What you have to do — Output every line of the entries from the line containing "length-map_each (x ∷" through the last, exactly, with no other content.

Excerpted data —

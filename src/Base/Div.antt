-- ===== src/Base/Div.antt =====
-- Half-up division of naturals: `(n + d // 2) // d`.
use native.Mathlib.Nat.{le-div_iff_mul-le, div-lt_iff_lt-mul}
use sddiar.Base.{ℕ, suc, ◌+◌, ◌*◌, ◌/◌, ◌≤◌, ◌<◌, ◌≡◌, arith}

-- The Python idiom for rounding an integer quotient to the nearest integer, halves upwards.
unfoldable pub half_up : ℕ → ℕ → ℕ
half_up n d = (n + d / 2) / d

-- The quotient's bounds, multiplied out: all that the other proofs use.
pub half_up_bounds :
    (n d : ℕ) → 0 < d → (half_up n d * d ≤ n + d / 2) × (n + d / 2 < half_up n d * d + d)
unfolding half_up
half_up_bounds n d h =
    let lower = le-div_iff_mul-le {x = (n + d / 2) / d} {y = n + d / 2} h in
    let upper = div-lt_iff_lt-mul {x = n + d / 2} {y = suc ((n + d / 2) / d)} h in
    (lower.0 (omega arith), omega (arith, upper.0 (omega arith)))

-- Twice the rounding error is at most the divisor, on both sides.
pub half_up_nearest :
    (n d : ℕ) → 0 < d → (2 * (half_up n d * d) ≤ 2 * n + d) × (2 * n ≤ 2 * (half_up n d * d) + d)
half_up_nearest n d h = omega (arith, half_up_bounds n d h)

pub half_up_mono : (m n d : ℕ) → 0 < d → m ≤ n → half_up m d ≤ half_up n d
unfolding half_up
half_up_mono m n d h le = (le-div_iff_mul-le h).1 (omega (arith, half_up_bounds m d h))

pub half_up_mul : (k d : ℕ) → 0 < d → half_up (d * k) d ≡ k
half_up_mul k d h = grind (arith, half_up_bounds (d * k) d h)
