-- ===== src/Base/Each.antt =====
-- A comprehension whose function may raise, and what holds of its result.
use sddiar.Base.{
  sym, ap, ◌∙◌, length, arith, ◌≡◌, subst, List, [], ◌∷◌, All, Result, ok, ok-inj, ◌>>=◌, bind_ok,
  map_each,
}

module _ {A B : Type 0} (f : A → Result B) where
  -- The results of a comprehension that ends well, one by one.
  pub map_each-cons :
      (x : A) (xs : List A) (out : List B)
      → map_each f (x ∷ xs) ≡ ok out
      → (y : B) × (ys : List B) × (f x ≡ ok y) × (map_each f xs ≡ ok ys) × (y ∷ ys ≡ out)
  unfolding map_each
  map_each-cons x xs out h =
      let (y, first, after) = bind_ok (f x) (λ y. map_each f xs >>= λ ys. ok (y ∷ ys)) out h in
      let (ys, rest, same) = bind_ok (map_each f xs) (λ ys. ok (y ∷ ys)) out after in
      (y, ys, first, rest, ok-inj same)

  pub map_each-All :
      (P : B → Type 0) (xs : List A) (out : List B)
      → ((x : A) (y : B) → f x ≡ ok y → P y)
      → map_each f xs ≡ ok out
      → All P out
  unfolding map_each
  map_each-All P [] out each h = subst (All P) (ok-inj h) tt
  map_each-All P (x ∷ xs) out each h =
      let (y, ys, first, rest, same) = map_each-cons x xs out h in
      subst (All P) same (each x y first, map_each-All P xs ys each rest)

  pub length-map_each :
      (xs : List A) (out : List B) → map_each f xs ≡ ok out → length out ≡ length xs
  unfolding map_each
  length-map_each [] out h = sym (ap (λ (ys : List B). length ys) (ok-inj h))
  length-map_each (x ∷ xs) out h =
      let (y, ys, first, rest, same) = map_each-cons x xs out h in
      sym (ap (λ (zs : List B). length zs) same) ∙ omega (arith, length-map_each xs ys rest)
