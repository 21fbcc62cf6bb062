-- ===== src/Contracts/Tests.antt =====
-- Runs of the time checks, and an instance of their theorem.
use sddiar.Base.{◌≡◌, ◌↔◌, refl, ok, err, contract_validation, ◌≤◌, ◌<◌}
use sddiar.Base.Int.{pos, negsuc}
use sddiar.Contracts.{max_time_us, range}
use sddiar.Contracts.Range.{range_iff}

range_accepts : range (pos 5) (pos 9) ≡ ok (5, 9)
unfolding range
range_accepts = refl

range_negative : range (negsuc 0) (pos 9) ≡ err contract_validation
unfolding range
range_negative = refl

range_empty : range (pos 9) (pos 9) ≡ err contract_validation
unfolding range
range_empty = refl

range_iff_example :
    (range (pos 5) (pos 9) ≡ ok (5, 9))
    ↔ ((pos 5 ≡ pos 5) × (pos 9 ≡ pos 9) × (5 < 9) × (9 ≤ max_time_us))
range_iff_example = range_iff (pos 5) (pos 9) 5 9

Answer box —
  length-map_each (x ∷ xs) out h =
      let (y, ys, first, rest, same) = map_each-cons x xs out h in
      sym (ap (λ (zs : List B). length zs) same) ∙ omega (arith, length-map_each xs ys rest)
repository 21fbcc62cf6bb062
-- ===== src/Contracts/Tests.antt =====
-- Runs of the time checks, and an instance of their theorem.
use sddiar.Base.{◌≡◌, ◌↔◌, refl, ok, err, contract_validation, ◌≤◌, ◌<◌}
use sddiar.Base.Int.{pos, negsuc}
use sddiar.Contracts.{max_time_us, range}
use sddiar.Contracts.Range.{range_iff}

range_accepts : range (pos 5) (pos 9) ≡ ok (5, 9)
unfolding range
range_accepts = refl

range_negative : range (negsuc 0) (pos 9) ≡ err contract_validation
unfolding range
range_negative = refl

range_empty : range (pos 9) (pos 9) ≡ err contract_validation
unfolding range
range_empty = refl

range_iff_example :
    (range (pos 5) (pos 9) ≡ ok (5, 9))
    ↔ ((pos 5 ≡ pos 5) × (pos 9 ≡ pos 9) × (5 < 9) × (9 ≤ max_time_us))
range_iff_example = range_iff (pos 5) (pos 9) 5 9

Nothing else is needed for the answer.